Per quali motivi il livello di istruzione dovrebbe avere un peso essenziale nell’orientare il dibattito? La ragione è semplice: il livello di istruzione della forza lavoro è un elemento fondamentale per il successo di quei modelli. Queste conclusioni riguardano sia la questione della durata della vita lavorativa (età di pensionamento) sia quella relativa alle modalità di protezione dei lavoratori (flexsecurity).
E’ noto che l’Italia si caratterizza per livelli medi di istruzione sensibilmente inferiori rispetto alla media europea e in particolare nordeuropea (fig. 1). Questo dato si accompagna, oltre che a tassi di occupazione (fig. 2) e di attività inferiori alla media, ad un’elevata età media della popolazione e ad una più bassa propensione al proseguimento degli studi oltre la scuola secondaria superiore. Ne consegue che il turn over generazionale non garantirà nei prossimi anni tempi veloci di recupero del gap di istruzione esistente. I test sul possesso delle competenze di base degli adulti (ALL: Adult literacy and life skill survey, IALS: International adult literacy survey) segnalano inoltre che la quota di popolazione italiana che ne è deficitaria è superiore rispetto a quella degli altri paesi.
Dati e analisi robuste evidenziano che l’occupabilità degli individui, soprattutto in fase adulta, è fortemente correlata al livello e al tipo di istruzione ricevuta (tabelle 1-3;  Hanushek, Woessmann & Zang, 2011). Ciò dipende da diversi fattori, non ultima l’evidenza che livello e tipo di istruzione influenzano la possibilità di riqualificare i lavoratori attraverso la formazione: essa si riduce al ridursi del livello di istruzione dei lavoratori e al crescere del grado di specificità di quest’ultima.

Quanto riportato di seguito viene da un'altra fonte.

-- ===== src/OktaAuth.antt =====
-- lib/authenticators/okta: the password checker that asks Okta, and keeps what it answers for the
-- second factor.
pub mod Recent
use Prim.Native.String.{◌++◌}
use keymaster.Prelude.{
  ℕ, ◌+◌, ◌*◌, String, Bool, true, false, not, ◌&&◌, ◌||◌, List, [], ◌∷◌, Option, none, some, ltb,
  ◌==◌, str_eq, if◌then◌else◌,
}
use keymaster.Prelude.Int.{ℤ}
use keymaster.Prelude.Dict.{Dict, lookup, insert, remove}
use keymaster.Result.{Result, ok, err, ◌>>=◌}
use keymaster.Http.{status_ok, status_unauthorized, status_forbidden}
use keymaster.Jwt.{second}
use keymaster.State.{
  PushResponse, push_response_approved, push_response_rejected, push_response_timeout,
  push_response_waiting,
}

pub record OktaApiMfaFactors : Type 0 where
  pub id : String
  pub factor_type : String
  pub vendor_name : String

pub record OktaApiPrimaryResponse : Type 0 where
  pub state_token : String
  pub expires_at_string : String
  pub status : String
  pub factors : List OktaApiMfaFactors

pub record OktaApiPushResponse : Type 0 where
  pub status : String
  pub factor_result : String

-- An answer of the service: its status, and its body as it is decoded.
pub record Answer (B : Type 0) : Type 0 where
  pub status_code : ℕ
  pub body : Result B

-- The service behind net/http, package time's RFC 3339 and fmt.Sprintf("%06d").
pub record Okta : Type 0 where
  pub login : (username password : String) → Result (Answer OktaApiPrimaryResponse)
  pub verify_totp :
      (factor_id state_token pass_code : String) → Result (Answer OktaApiPrimaryResponse)
  pub verify_push : (factor_id state_token : String) → Result (Answer OktaApiPushResponse)
  pub parse_rfc3339 : String → Result ℕ
  pub six_digits : ℤ → String

pub record AuthCacheData : Type 0 where
  pub response : OktaApiPrimaryResponse
  pub expires : ℕ

abbrev pub RecentAuth : Type 0
RecentAuth = Dict AuthCacheData

-- the first factor of a type that Okta itself serves
unfoldable pub first_factor :
    (factor_type : String) → List OktaApiMfaFactors → Option OktaApiMfaFactors
first_factor factor_type [] = none
first_factor factor_type (factor ∷ factors) =
    if str_eq factor.factor_type factor_type && str_eq factor.vendor_name "OKTA"
    then some factor
    else first_factor factor_type factors

module _ (okta : Okta) where
  -- The time that the response names, else a minute from now.
  unfoldable pub expiry_of : (now : ℕ) → OktaApiPrimaryResponse → ℕ
  expiry_of now response = elim (okta.parse_rfc3339 response.expires_at_string) [
    | err e ↦ now + 60 * second
    | ok expires ↦ expires
  ]

  -- The response of an accepted password, none for a refused one.
  unfoldable pub accepted_login :
      (username_suffix username password : String) → Result (Option OktaApiPrimaryResponse)
  accepted_login suffix username password = do
    answer ← okta.login (username ++ suffix) password
    if answer.status_code == status_unauthorized
        then ok none
        else (if not (answer.status_code == status_ok)
            then err "bad status"
            else answer.body >>= λ response. ok (
                if str_eq response.status "SUCCESS" || str_eq response.status "MFA_REQUIRED"
                then some response
                else none))

  unfoldable pub password_authenticate :
      (suffix : String) (now : ℕ) (username password : String)
      → RecentAuth
      → Result Bool × RecentAuth
  unfolding expiry_of insert
  password_authenticate suffix now username password recent =
      elim (accepted_login suffix username password) [
        | err e ↦ (err e, recent)
        | ok answer ↦ elim answer [
          | none ↦ (ok false, recent)
          | some response ↦ (
            ok true,
            insert username (record { response = response; expires = expiry_of now response })
                recent,
          )
        ]
      ]

-- The response of a user that has not expired; one that has is dropped.
unfoldable pub get_valid_user_response :
    (now : ℕ) (username : String) → RecentAuth → Option OktaApiPrimaryResponse × RecentAuth
unfolding lookup remove
get_valid_user_response now username recent = elim (lookup username recent) [
  | none ↦ (none, recent)
  | some data_of_user ↦
      if ltb data_of_user.expires now
      then (none, remove username recent)
      else (some data_of_user.response, recent)
]

module _ (okta : Okta) where
  -- what the service says of a one-time password
  unfoldable pub verified_totp :
      OktaApiPrimaryResponse → (otp_value : ℤ) → OktaApiMfaFactors → Result Bool
  verified_totp response otp_value factor = do
    answer ← okta.verify_totp factor.id response.state_token (okta.six_digits otp_value)
    if answer.status_code == status_forbidden
        then ok false
        else (if not (answer.status_code == status_ok)
            then err "bad status"
            else answer.body >>= λ verdict. ok (str_eq verdict.status "SUCCESS"))

  unfoldable pub validate_user_otp :
      (now : ℕ) (username : String) (otp_value : ℤ) → RecentAuth → Result Bool × RecentAuth
  unfolding verified_totp first_factor
  validate_user_otp now username otp_value recent =
      let (found, recent') = get_valid_user_response now username recent in
      (
        elim found [
          | none ↦ ok false
          | some response ↦ elim (first_factor "token:software:totp" response.factors) [
            | none ↦ ok false
            | some factor ↦ verified_totp response otp_value factor
          ]
        ],
        recent',
      )

  push_verdict : OktaApiPushResponse → PushResponse
  push_verdict answer =
      if str_eq answer.status "SUCCESS"
      then push_response_approved
      else if not (str_eq answer.status "MFA_CHALLENGE")
      then push_response_rejected
      else if str_eq answer.factor_result "WAITING"
      then push_response_waiting
      else if str_eq answer.factor_result "TIMEOUT"
      then push_response_timeout
      else push_response_rejected

  unfoldable pub verified_push : OktaApiPrimaryResponse → OktaApiMfaFactors → Result PushResponse
  unfolding push_verdict
  verified_push response factor = do
    answer ← okta.verify_push factor.id response.state_token
    if not (answer.status_code == status_ok)
        then err "bad status"
        else answer.body >>= λ verdict. ok (push_verdict verdict)

  unfoldable pub validate_user_push :
      (now : ℕ) (username : String) → RecentAuth → Result PushResponse × RecentAuth
  unfolding verified_push first_factor
  validate_user_push now username recent =
      let (found, recent') = get_valid_user_response now username recent in
      (
        elim found [
          | none ↦ ok push_response_rejected
          | some response ↦ elim (first_factor "push" response.factors) [
            | none ↦ ok push_response_rejected
            | some factor ↦ verified_push response factor
          ]
        ],
        recent',
      )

Da ciò derivano implicazioni evidenti sia per la durata fisiologica della vita lavorativa sia per quanto riguarda la possibilità e convenienza a riqualificare, soprattutto in fase adulta e nel caso di formazione di tipo professionale, i lavoratori occupati o licenziati. La ridotta propensione delle PMI italiane ad investire in formazione della forza lavoro, palesata dai dati, non è unicamente il frutto di vincoli legati alla dimensione delle imprese, ma anche l’effetto della ridotta produttività di un investimento destinato a lavoratori mediamente poco istruiti. Il progressivo accorciamento del ciclo di vita delle tecnologie e della conoscenza, che si contrappone all’allungamento del ciclo di vita lavorativa, rende sempre più stringente questo vincolo e pone sfide che non riguardano solo l’Italia.
Il livello di istruzione, nella sua interazione con i tratti culturali1 che caratterizzano una data popolazione, ha un impatto anche sulla capacità degli individui di affrontare il rischio occupazionale e il conseguente costo psicologico. D’Orlando & Ferrante, (2009) e D’Orlando, Ferrante & Ruiu, (2011), ad esempio, mostrano come i modelli di tutela basati sulla protezione sul lavoro piuttosto che sugli ammortizzatori sociali prevalgano tuttora nei paesi OCSE, caratterizzati congiuntamente da minori livelli di istruzione ed elevato fatalismo della popolazione (Italia, Grecia, Portogallo).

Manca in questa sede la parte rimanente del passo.